A verbatim reproduction of the lines below, from the line containing "a.month == b.month" through the line containing "pub clear_webhook_secret : Bool", both ends included, is the whole required output.

Stored data:
===============
-- ===== src/Pages/Forms.antt =====
-- deliveries/forms.py. Django's fields have read and stripped the texts; where one of them refuses
-- its text, there is no cleaned form, and `none` is a form that is not valid. What stands here are
-- the `clean` methods.
use javi.Prelude.{
  ℕ, String, Bool, not, ◌&&◌, ◌==◌, leb, Option, none, some, if◌then◌else◌, truthy, text_or,
}
use javi.Model.{Delivery, is_on_the_way}
use javi.Env.{Env, LocalTime}
use javi.Exec.{Exec, pure, ◌>>=◌}
use javi.Runtime.{timezone_now}
use javi.Deliveries.Messages.{PhoneResult}
use javi.Deliveries.Edit.{Edit}
use javi.Api.Create.{Readers}

-- `datetime.date`, and the hour and minutes of a time in the form `%H:%M`.
pub record Date : Type 0 where
  pub year : ℕ
  pub month : ℕ
  pub day_of_month : ℕ

pub record ClockTime : Type 0 where
  pub hour : ℕ
  pub minutes : ℕ

abbrev pub date_of : LocalTime → Date
date_of t = record { year = t.year; month = t.month; day_of_month = t.day_of_month }

abbrev pub clock_of : LocalTime → ClockTime
clock_of t = record { hour = t.hour; minutes = t.minutes }

-- `datetime.combine(day, time, tzinfo=BELGRADE)`
abbrev pub combine : Date → ClockTime → LocalTime
combine d t = record {
  year = d.year;
  month = d.month;
  day_of_month = d.day_of_month;
  hour = t.hour;
  minutes = t.minutes;
  seconds = 0;
  microsecond = 0;
}

-- Two local times of one zone are compared by what the clock shows; both are on the minute here.
unfoldable pub same_minute : LocalTime → LocalTime → Bool
same_minute a b =
    a.year == b.year
    && a.month == b.month
    && a.day_of_month == b.day_of_month
    && a.hour == b.hour
    && a.minutes == b.minutes

pub record DeliveryFields : Type 0 where
  pub recipient_phone : String
  pub recipient_name : String
  pub recipient_language : String
  pub dest_address : String
  pub description : String

pub record EditFields : Type 0 where
  pub fields : DeliveryFields
  pub eta_date : Option Date
  pub eta_time : Option ClockTime

pub record EtaFields : Type 0 where
  pub eta_date : Option Date
  pub eta_time : ClockTime

pub record StoreFields : Type 0 where
  pub name : String
  pub address : String
  pub contact_phone : String
  pub webhook_url : String
  pub webhook_secret : String
  pub clear_webhook_secret : Bool

-- `clean_shop_name` of common/text.py
pub record NameReader : Type 0 where
  pub clean_shop_name : String → Option String

module _ (readers : Readers) where
  unfoldable pub cleaned_as : DeliveryFields → Option ℕ → Option PhoneResult → Option Edit
  cleaned_as f eta_at none = none
  cleaned_as f eta_at (some phone) = some (record {
    recipient_name = f.recipient_name;
    phone = phone;
    dest_address = f.dest_address;
    description = f.description;
    language = text_or f.recipient_language readers.default_language;
    eta_at = eta_at;
  })

  -- `DeliveryForm`, with the ETA of `DeliveryEditForm`
  unfoldable pub clean_delivery : Option DeliveryFields → Option ℕ → Option Edit
  unfolding cleaned_as
  clean_delivery none eta_at = none
  clean_delivery (some f) eta_at = cleaned_as f eta_at (readers.normalize_phone f.recipient_phone)

  -- `RecipientPhoneForm`
  unfoldable pub clean_phone : Option String → Option PhoneResult
  clean_phone none = none
  clean_phone (some raw) = readers.normalize_phone raw

  contact_of : Option PhoneResult → Option String
  contact_of none = none
  contact_of (some phone) = some phone.e164

  -- `ShopOriginForm.clean_contact_phone`
  unfoldable pub clean_contact_phone : Env → String → Option String
  unfolding contact_of
  clean_contact_phone env raw =
      if not (truthy (env.strip raw))
      then some ""
      else contact_of (readers.normalize_phone (env.strip raw))

  with_phone : StoreFields → String → Option String → Option StoreFields
  with_phone f name none = none
  with_phone f name (some phone) = some (record f { name = name; contact_phone = phone })

  with_name : StoreFields → Option String → Option String → Option StoreFields
  unfolding with_phone
  with_name f none phone = none
  with_name f (some name) phone = with_phone f name phone

  -- `ShopOriginForm`
  unfoldable pub clean_store : NameReader → Env → Option StoreFields → Option StoreFields
  unfolding with_name clean_contact_phone
  clean_store names env none = none
  clean_store names env (some f) =
      with_name f (names.clean_shop_name f.name) (clean_contact_phone env f.contact_phone)

-- The ETA that the form of an edit leads to.
pub data EtaEdit : Type 0 where
  refused keep_eta : EtaEdit
  set_eta : ℕ → EtaEdit

module _ (env : Env) where
  day_or_today : Option Date → Exec Date
  day_or_today (some day) = pure day
  day_or_today none = do now ← timezone_now env; pure (date_of (env.localtime now))

  -- `ManualEtaForm.clean`; `none` is a form that is not valid.
  unfoldable pub clean_eta : Option EtaFields → Exec (Option ℕ)
  unfolding day_or_today
  clean_eta none = pure none
  clean_eta (some f) = do
    day ← day_or_today f.eta_date
    now ← timezone_now env
    let eta_at = env.instant (combine day f.eta_time)
    pure (if leb eta_at now then none else some eta_at)

  day_or : Option Date → LocalTime → Date
  day_or none local = date_of local
  day_or (some day) local = day

  edited_time : LocalTime → LocalTime → Exec EtaEdit
  edited_time local given = if same_minute given local then pure keep_eta else do
    now ← timezone_now env
    let eta_at = env.instant given
    pure (if leb eta_at now then refused else set_eta eta_at)

  edited_from : Option ℕ → Option Date → Option ClockTime → Exec EtaEdit
  unfolding edited_time day_or
  edited_from (some eta_at) date (some time) =
      let local = env.localtime eta_at in edited_time local (combine (day_or date local) time)
  edited_from _ date time = pure keep_eta

  -- `DeliveryEditForm.clean`
  unfoldable pub clean_edit_eta : Delivery → Option Date → Option ClockTime → Exec EtaEdit
  unfolding edited_from
  clean_edit_eta d date time =
      if is_on_the_way d.status then edited_from d.eta_at date time else pure keep_eta

  -- `initial` of the form
  unfoldable pub initial_fields : Delivery → DeliveryFields
  initial_fields d = record {
    recipient_phone = d.recipient_phone;
    recipient_name = d.recipient_name;
    recipient_language = d.recipient_language;
    dest_address = d.dest_address;
    description = d.description;
  }

  date_at : Option ℕ → Option Date
  date_at none = none
  date_at (some t) = some (date_of (env.localtime t))

  time_at : Option ℕ → Option ClockTime
  time_at none = none
  time_at (some t) = some (clock_of (env.localtime t))

  unfoldable pub initial_edit : Delivery → EditFields
  unfolding initial_fields date_at time_at
  initial_edit d =
      let eta = if is_on_the_way d.status then d.eta_at else none in
      record { fields = initial_fields d; eta_date = date_at eta; eta_time = time_at eta }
===============
RESPONSE BELOW:
    && a.month == b.month
    && a.day_of_month == b.day_of_month
    && a.hour == b.hour
    && a.minutes == b.minutes

pub record DeliveryFields : Type 0 where
  pub recipient_phone : String
  pub recipient_name : String
  pub recipient_language : String
  pub dest_address : String
  pub description : String

pub record EditFields : Type 0 where
  pub fields : DeliveryFields
  pub eta_date : Option Date
  pub eta_time : Option ClockTime

pub record EtaFields : Type 0 where
  pub eta_date : Option Date
  pub eta_time : ClockTime

pub record StoreFields : Type 0 where
  pub name : String
  pub address : String
  pub contact_phone : String
  pub webhook_url : String
  pub webhook_secret : String
  pub clear_webhook_secret : Bool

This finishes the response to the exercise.